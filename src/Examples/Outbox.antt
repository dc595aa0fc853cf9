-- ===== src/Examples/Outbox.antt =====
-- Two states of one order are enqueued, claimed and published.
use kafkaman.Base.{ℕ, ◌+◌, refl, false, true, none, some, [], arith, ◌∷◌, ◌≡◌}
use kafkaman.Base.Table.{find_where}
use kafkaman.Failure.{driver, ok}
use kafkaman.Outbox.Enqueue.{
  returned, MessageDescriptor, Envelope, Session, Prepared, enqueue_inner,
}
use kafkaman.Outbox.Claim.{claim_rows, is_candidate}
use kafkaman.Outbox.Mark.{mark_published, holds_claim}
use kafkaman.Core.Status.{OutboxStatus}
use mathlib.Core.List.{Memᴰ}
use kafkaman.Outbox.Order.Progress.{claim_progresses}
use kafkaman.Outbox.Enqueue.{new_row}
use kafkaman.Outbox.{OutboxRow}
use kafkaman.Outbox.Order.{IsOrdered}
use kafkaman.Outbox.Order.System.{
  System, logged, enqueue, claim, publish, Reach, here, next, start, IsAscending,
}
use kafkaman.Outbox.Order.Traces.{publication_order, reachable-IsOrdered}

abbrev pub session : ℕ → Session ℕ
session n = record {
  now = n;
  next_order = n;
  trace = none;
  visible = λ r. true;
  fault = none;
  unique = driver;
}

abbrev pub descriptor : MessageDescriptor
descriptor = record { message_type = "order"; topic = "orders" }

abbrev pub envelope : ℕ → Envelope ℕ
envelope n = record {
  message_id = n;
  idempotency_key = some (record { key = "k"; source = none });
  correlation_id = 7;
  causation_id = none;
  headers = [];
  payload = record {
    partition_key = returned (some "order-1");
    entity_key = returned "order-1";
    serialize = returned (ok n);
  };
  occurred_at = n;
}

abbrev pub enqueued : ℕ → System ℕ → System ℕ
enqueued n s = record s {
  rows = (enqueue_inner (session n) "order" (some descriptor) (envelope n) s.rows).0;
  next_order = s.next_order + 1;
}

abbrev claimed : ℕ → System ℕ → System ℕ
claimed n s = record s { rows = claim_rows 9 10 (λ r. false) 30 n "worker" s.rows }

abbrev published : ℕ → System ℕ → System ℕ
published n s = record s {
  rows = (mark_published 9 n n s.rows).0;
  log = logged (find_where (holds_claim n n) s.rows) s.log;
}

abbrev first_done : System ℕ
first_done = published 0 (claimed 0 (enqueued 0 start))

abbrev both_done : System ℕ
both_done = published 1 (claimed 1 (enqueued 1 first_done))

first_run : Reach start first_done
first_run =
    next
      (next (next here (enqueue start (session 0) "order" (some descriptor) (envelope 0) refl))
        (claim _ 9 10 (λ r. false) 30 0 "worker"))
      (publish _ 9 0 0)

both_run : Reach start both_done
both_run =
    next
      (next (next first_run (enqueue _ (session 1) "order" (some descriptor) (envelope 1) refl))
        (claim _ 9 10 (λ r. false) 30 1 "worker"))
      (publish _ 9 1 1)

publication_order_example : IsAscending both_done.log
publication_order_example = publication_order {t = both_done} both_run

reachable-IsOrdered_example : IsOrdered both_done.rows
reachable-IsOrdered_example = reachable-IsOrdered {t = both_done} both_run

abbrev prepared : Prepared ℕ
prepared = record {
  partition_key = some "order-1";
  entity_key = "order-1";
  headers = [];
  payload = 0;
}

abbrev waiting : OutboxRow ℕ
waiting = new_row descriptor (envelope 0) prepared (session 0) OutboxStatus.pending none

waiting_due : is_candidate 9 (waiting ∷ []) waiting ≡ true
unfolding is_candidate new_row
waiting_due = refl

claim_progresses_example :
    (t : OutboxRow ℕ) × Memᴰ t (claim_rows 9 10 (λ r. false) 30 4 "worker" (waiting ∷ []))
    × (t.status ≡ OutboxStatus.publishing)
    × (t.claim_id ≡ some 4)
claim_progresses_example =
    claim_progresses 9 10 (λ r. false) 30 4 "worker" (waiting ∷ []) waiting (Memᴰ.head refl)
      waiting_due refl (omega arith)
------------------------------------
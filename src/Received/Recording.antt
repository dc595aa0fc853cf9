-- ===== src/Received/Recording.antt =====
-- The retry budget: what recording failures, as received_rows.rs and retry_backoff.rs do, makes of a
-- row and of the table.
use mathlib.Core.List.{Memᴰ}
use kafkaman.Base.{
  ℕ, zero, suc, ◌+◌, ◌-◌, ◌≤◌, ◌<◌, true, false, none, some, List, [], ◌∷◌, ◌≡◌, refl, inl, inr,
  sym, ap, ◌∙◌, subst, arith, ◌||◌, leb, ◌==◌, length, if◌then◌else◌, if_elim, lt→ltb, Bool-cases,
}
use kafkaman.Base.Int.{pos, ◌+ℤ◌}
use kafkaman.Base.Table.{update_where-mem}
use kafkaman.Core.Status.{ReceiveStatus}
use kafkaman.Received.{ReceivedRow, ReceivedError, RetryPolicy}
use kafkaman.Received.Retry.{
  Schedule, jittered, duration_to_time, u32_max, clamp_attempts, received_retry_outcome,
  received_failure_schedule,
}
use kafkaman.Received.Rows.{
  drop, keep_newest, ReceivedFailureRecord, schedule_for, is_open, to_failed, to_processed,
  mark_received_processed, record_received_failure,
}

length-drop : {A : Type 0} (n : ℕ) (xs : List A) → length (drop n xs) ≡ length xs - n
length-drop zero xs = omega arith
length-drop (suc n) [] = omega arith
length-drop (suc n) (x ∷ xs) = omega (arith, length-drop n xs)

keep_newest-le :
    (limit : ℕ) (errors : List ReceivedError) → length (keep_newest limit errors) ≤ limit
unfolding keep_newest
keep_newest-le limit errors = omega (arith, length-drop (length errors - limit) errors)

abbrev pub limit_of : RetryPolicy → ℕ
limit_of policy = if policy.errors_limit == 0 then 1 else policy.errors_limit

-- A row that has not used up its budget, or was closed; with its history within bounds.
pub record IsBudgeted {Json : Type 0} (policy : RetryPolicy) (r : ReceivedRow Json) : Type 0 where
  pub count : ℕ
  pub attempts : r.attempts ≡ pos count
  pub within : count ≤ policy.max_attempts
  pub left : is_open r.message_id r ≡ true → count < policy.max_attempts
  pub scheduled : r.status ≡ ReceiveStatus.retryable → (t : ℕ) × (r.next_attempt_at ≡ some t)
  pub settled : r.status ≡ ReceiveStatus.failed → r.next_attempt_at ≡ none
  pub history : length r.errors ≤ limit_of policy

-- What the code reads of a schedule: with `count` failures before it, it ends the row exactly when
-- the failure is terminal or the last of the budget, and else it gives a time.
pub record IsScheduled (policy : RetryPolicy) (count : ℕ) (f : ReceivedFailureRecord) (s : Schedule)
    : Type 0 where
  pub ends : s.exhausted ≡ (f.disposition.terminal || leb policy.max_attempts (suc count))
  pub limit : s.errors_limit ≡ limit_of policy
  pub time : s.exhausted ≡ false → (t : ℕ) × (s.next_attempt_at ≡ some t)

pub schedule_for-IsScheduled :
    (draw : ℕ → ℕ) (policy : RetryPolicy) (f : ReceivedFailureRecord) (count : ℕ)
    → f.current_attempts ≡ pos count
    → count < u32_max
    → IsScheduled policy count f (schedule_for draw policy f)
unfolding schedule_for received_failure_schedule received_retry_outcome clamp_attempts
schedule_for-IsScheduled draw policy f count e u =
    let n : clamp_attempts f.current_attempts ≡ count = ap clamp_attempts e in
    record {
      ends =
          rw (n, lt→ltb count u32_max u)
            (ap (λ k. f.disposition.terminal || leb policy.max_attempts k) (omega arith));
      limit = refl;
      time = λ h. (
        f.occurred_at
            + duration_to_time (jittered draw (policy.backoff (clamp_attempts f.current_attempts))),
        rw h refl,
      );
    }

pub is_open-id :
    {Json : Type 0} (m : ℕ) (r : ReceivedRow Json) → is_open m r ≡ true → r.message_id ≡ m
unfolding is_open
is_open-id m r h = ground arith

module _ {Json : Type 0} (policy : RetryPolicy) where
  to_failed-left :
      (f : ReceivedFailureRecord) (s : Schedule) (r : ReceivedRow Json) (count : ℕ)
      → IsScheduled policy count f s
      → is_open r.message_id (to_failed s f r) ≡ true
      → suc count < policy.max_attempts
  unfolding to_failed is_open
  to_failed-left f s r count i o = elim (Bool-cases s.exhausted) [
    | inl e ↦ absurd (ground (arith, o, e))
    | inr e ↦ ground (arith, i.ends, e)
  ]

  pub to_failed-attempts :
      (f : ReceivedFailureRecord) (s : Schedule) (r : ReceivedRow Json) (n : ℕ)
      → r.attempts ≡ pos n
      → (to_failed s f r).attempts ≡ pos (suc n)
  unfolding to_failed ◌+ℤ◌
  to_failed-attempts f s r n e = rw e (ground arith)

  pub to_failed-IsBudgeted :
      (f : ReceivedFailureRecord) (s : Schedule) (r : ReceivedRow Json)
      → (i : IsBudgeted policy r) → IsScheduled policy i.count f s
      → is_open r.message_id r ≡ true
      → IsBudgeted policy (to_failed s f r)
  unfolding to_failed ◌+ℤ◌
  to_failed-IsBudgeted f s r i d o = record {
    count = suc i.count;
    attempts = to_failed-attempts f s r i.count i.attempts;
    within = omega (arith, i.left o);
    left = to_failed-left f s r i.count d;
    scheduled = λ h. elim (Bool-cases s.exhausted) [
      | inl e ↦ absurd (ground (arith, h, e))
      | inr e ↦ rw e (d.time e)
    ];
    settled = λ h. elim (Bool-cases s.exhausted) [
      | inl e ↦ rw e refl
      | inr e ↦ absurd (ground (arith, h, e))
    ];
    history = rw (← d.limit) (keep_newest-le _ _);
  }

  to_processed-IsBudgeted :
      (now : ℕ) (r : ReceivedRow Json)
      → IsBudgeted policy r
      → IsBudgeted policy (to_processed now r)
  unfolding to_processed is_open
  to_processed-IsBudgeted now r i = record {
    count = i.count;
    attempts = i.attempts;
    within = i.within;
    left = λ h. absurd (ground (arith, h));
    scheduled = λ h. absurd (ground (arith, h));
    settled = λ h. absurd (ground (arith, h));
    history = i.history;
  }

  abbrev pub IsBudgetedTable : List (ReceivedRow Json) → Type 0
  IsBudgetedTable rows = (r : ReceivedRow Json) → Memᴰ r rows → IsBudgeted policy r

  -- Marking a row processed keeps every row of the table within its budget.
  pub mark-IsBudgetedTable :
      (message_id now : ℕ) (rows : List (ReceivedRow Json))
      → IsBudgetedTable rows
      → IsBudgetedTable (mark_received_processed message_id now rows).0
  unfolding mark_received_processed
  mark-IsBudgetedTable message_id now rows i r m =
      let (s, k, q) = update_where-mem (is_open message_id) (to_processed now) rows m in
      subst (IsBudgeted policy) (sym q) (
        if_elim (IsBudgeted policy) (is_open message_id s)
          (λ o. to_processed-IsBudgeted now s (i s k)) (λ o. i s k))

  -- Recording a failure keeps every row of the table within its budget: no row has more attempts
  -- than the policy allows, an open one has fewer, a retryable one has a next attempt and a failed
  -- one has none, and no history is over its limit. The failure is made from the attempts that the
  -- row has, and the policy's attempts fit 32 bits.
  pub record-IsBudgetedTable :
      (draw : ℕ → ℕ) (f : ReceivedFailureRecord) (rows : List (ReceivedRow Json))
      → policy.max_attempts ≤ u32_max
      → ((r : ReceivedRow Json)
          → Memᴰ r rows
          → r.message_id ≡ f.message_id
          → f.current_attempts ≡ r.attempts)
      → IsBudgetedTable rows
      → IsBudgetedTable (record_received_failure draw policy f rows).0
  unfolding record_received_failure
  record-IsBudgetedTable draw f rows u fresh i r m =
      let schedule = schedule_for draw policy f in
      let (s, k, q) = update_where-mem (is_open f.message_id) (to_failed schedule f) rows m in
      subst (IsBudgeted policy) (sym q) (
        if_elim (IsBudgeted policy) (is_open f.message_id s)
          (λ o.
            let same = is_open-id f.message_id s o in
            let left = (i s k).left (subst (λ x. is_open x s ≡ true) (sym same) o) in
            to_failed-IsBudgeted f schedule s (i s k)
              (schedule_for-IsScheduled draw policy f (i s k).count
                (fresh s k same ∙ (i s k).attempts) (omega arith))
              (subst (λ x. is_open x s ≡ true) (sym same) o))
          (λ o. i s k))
------------------------------------
### DIRECTIONS FOR THIS TASK
Both end lines included, restate word for word the lines above from the line with "-- A row that" to the line with "pub within : count ≤ policy.max_attempts", and nothing else.

### WRITTEN ANSWER
-- A row that has not used up its budget, or was closed; with its history within bounds.
pub record IsBudgeted {Json : Type 0} (policy : RetryPolicy) (r : ReceivedRow Json) : Type 0 where
  pub count : ℕ
  pub attempts : r.attempts ≡ pos count
  pub within : count ≤ policy.max_attempts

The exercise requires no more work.